[SUPPLIED MATERIAL]:
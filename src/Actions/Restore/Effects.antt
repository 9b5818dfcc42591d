-- ===== src/Actions/Restore/Effects.antt =====
-- What a restore does to the journal, and to the files when the original path is occupied.
use workspace_janitor.Prelude.Filepath.{dir}
use workspace_janitor.Actions.Rename.{sync_dir}
use workspace_janitor.Actions.Move.{move_object}
use workspace_janitor.Core.Cleanup
use workspace_janitor.Actions.Paths.{same_filesystem, is_object}
use workspace_janitor.Core.Cleanup.{prepared, quarantined, restored}
use workspace_janitor.Prelude.{◌&&◌, str_eq, not, refl, none}
use workspace_janitor.Core.Cleanup.{CleanupItem, CleanupState}
use workspace_janitor.Actions.{System, Engine, Machine, Outcome}
use workspace_janitor.Actions.Reconcile.Effects.{reconcile-Quiet}
use workspace_janitor.Actions.Journal.{with_state}
use workspace_janitor.Actions.Journal.Effects.{Quiet, stop-Quiet, save-Quiet}
use workspace_janitor.Actions.Move.Effects.{unless-Quiet, if-Quiet}
use workspace_janitor.Actions.Paths.{absent}
use workspace_janitor.Actions.Records.{
  Records, of_Quiet, stop-Records, save-Records, investigate-Records, if-Records, unless-Records,
  after_call-Records,
}
use workspace_janitor.Actions.Restore.{
  restore, restore_prepared, restored_sync, move_back, restore_object, restore_found,
  restore_recoverable, restore_state, wrap_option,
}

module _ {F : Type 0} (sys : System F) (eng : Engine) where
  pub prepared-Quiet :
      (item : CleanupItem) (m : Machine F) → Quiet sys item m (restore_prepared sys eng item m)
  unfolding restore_prepared with_state
  prepared-Quiet item m =
      if-Quiet sys _ item m _ _ (stop-Quiet sys item _ m)
        (unless-Quiet sys item m _ _ (save-Quiet sys item _ _ m refl))

  sync-Records :
      (item : CleanupItem) (before : CleanupState) (m : Machine F)
      → Records sys m (restored_sync sys eng item before m)
  unfolding restored_sync
  sync-Records item before m =
      after_call-Records sys item m (sync_dir sys m.files (dir item.source)) _
        (λ m1. save-Records sys _ before m1)

  move_back-Records :
      (item : CleanupItem) (before : CleanupState) (m : Machine F)
      → Records sys m (move_back sys eng item before m)
  unfolding move_back
  move_back-Records item before m = unless-Records sys item m _ _ (
      after_call-Records sys item m
        (move_object sys eng m.files item item.destination item.source item.entry.filesystem_id) _
        (sync-Records item before))

  object-Records :
      (item : CleanupItem) (before : CleanupState) (m : Machine F)
      → Records sys m (restore_object sys eng item before m)
  unfolding restore_object
  object-Records item before m =
      unless-Records sys item m
        (wrap_option "occupied original source" (absent sys m.files item.source)) _
        (unless-Records sys item m (same_filesystem sys m.files item.destination (dir item.source))
          _
          (if-Records sys
            (not (is_object (sys.lstat m.files item.destination) item.entry.filesystem_id)) m _ _
            (if-Records sys (str_eq before Cleanup.investigate) m _ _ (stop-Records sys item _ m)
              (investigate-Records sys item "quarantined object disappeared or changed identity" m))
            (move_back-Records item before m)))

  pub found-Quiet :
      (item : CleanupItem) (m : Machine F) → Quiet sys item m (restore_found sys eng item m)
  unfolding restore_found with_state
  found-Quiet item m = unless-Quiet sys item m _ _ (save-Quiet sys item _ _ m refl)

  recoverable-Records :
      (item : CleanupItem) (m : Machine F) → Records sys m (restore_recoverable sys eng item m)
  unfolding restore_recoverable
  recoverable-Records item m =
      if-Records sys _ m _ _ (of_Quiet sys item m _ (found-Quiet item m))
        (object-Records item item.state m)

  state-Records :
      (item : CleanupItem) (m : Machine F) → Records sys m (restore_state sys eng item m)
  unfolding restore_state
  state-Records item m =
      if-Records sys (str_eq item.state restored) m _ _ (stop-Records sys item none m) (
        if-Records sys (str_eq item.state prepared) m _ _
          (of_Quiet sys item m _ (prepared-Quiet item m))
          (if-Records sys
            (not (str_eq item.state quarantined) && not (str_eq item.state Cleanup.investigate)) m _
            _ (stop-Records sys item _ m) (recoverable-Records item m)))

  after_reconcile :
      (item : CleanupItem) (m : Machine F) (o : Outcome F)
      → Records sys m o
      → Records sys m (restore_state sys eng o.item o.machine)
  after_reconcile item m o r = record {
    recorded = λ h. (state-Records o.item o.machine).recorded (r.recorded h);
  }

  pub restore-Records :
      (item : CleanupItem) (m : Machine F) → Records sys m (restore sys eng item m)
  unfolding restore
  restore-Records item m =
      let r = of_Quiet sys item m _ (reconcile-Quiet sys eng item m) in
      if-Records sys _ m _ _ r (after_reconcile item m _ r)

[TASK TO COMPLETE]:
Output each line of the material exactly, keeping every word as it appears.

[ANSWER SECTION]:
filename src/Actions/Restore/Effects.antt
repository 9b5818dfcc42591d
-- ===== src/Actions/Restore/Effects.antt =====
-- What a restore does to the journal, and to the files when the original path is occupied.
use workspace_janitor.Prelude.Filepath.{dir}
use workspace_janitor.Actions.Rename.{sync_dir}
use workspace_janitor.Actions.Move.{move_object}
use workspace_janitor.Core.Cleanup
use workspace_janitor.Actions.Paths.{same_filesystem, is_object}
use workspace_janitor.Core.Cleanup.{prepared, quarantined, restored}
use workspace_janitor.Prelude.{◌&&◌, str_eq, not, refl, none}
use workspace_janitor.Core.Cleanup.{CleanupItem, CleanupState}
use workspace_janitor.Actions.{System, Engine, Machine, Outcome}
use workspace_janitor.Actions.Reconcile.Effects.{reconcile-Quiet}
use workspace_janitor.Actions.Journal.{with_state}
use workspace_janitor.Actions.Journal.Effects.{Quiet, stop-Quiet, save-Quiet}
use workspace_janitor.Actions.Move.Effects.{unless-Quiet, if-Quiet}
use workspace_janitor.Actions.Paths.{absent}
use workspace_janitor.Actions.Records.{
  Records, of_Quiet, stop-Records, save-Records, investigate-Records, if-Records, unless-Records,
  after_call-Records,
}
use workspace_janitor.Actions.Restore.{
  restore, restore_prepared, restored_sync, move_back, restore_object, restore_found,
  restore_recoverable, restore_state, wrap_option,
}

module _ {F : Type 0} (sys : System F) (eng : Engine) where
  pub prepared-Quiet :
      (item : CleanupItem) (m : Machine F) → Quiet sys item m (restore_prepared sys eng item m)
  unfolding restore_prepared with_state
  prepared-Quiet item m =
      if-Quiet sys _ item m _ _ (stop-Quiet sys item _ m)
        (unless-Quiet sys item m _ _ (save-Quiet sys item _ _ m refl))

  sync-Records :
      (item : CleanupItem) (before : CleanupState) (m : Machine F)
      → Records sys m (restored_sync sys eng item before m)
  unfolding restored_sync
  sync-Records item before m =
      after_call-Records sys item m (sync_dir sys m.files (dir item.source)) _
        (λ m1. save-Records sys _ before m1)

  move_back-Records :
      (item : CleanupItem) (before : CleanupState) (m : Machine F)
      → Records sys m (move_back sys eng item before m)
  unfolding move_back
  move_back-Records item before m = unless-Records sys item m _ _ (
      after_call-Records sys item m
        (move_object sys eng m.files item item.destination item.source item.entry.filesystem_id) _
        (sync-Records item before))

  object-Records :
      (item : CleanupItem) (before : CleanupState) (m : Machine F)
      → Records sys m (restore_object sys eng item before m)
  unfolding restore_object
  object-Records item before m =
      unless-Records sys item m
        (wrap_option "occupied original source" (absent sys m.files item.source)) _
        (unless-Records sys item m (same_filesystem sys m.files item.destination (dir item.source))
          _
          (if-Records sys
            (not (is_object (sys.lstat m.files item.destination) item.entry.filesystem_id)) m _ _
            (if-Records sys (str_eq before Cleanup.investigate) m _ _ (stop-Records sys item _ m)
              (investigate-Records sys item "quarantined object disappeared or changed identity" m))
            (move_back-Records item before m)))

  pub found-Quiet :
      (item : CleanupItem) (m : Machine F) → Quiet sys item m (restore_found sys eng item m)
  unfolding restore_found with_state
  found-Quiet item m = unless-Quiet sys item m _ _ (save-Quiet sys item _ _ m refl)

  recoverable-Records :
      (item : CleanupItem) (m : Machine F) → Records sys m (restore_recoverable sys eng item m)
  unfolding restore_recoverable
  recoverable-Records item m =
      if-Records sys _ m _ _ (of_Quiet sys item m _ (found-Quiet item m))
        (object-Records item item.state m)

  state-Records :
      (item : CleanupItem) (m : Machine F) → Records sys m (restore_state sys eng item m)
  unfolding restore_state
  state-Records item m =
      if-Records sys (str_eq item.state restored) m _ _ (stop-Records sys item none m) (
        if-Records sys (str_eq item.state prepared) m _ _
          (of_Quiet sys item m _ (prepared-Quiet item m))
          (if-Records sys
            (not (str_eq item.state quarantined) && not (str_eq item.state Cleanup.investigate)) m _
            _ (stop-Records sys item _ m) (recoverable-Records item m)))

  after_reconcile :
      (item : CleanupItem) (m : Machine F) (o : Outcome F)
      → Records sys m o
      → Records sys m (restore_state sys eng o.item o.machine)
  after_reconcile item m o r = record {
    recorded = λ h. (state-Records o.item o.machine).recorded (r.recorded h);
  }

  pub restore-Records :
      (item : CleanupItem) (m : Machine F) → Records sys m (restore sys eng item m)
  unfolding restore
  restore-Records item m =
      let r = of_Quiet sys item m _ (reconcile-Quiet sys eng item m) in
      if-Records sys _ m _ _ r (after_reconcile item m _ r)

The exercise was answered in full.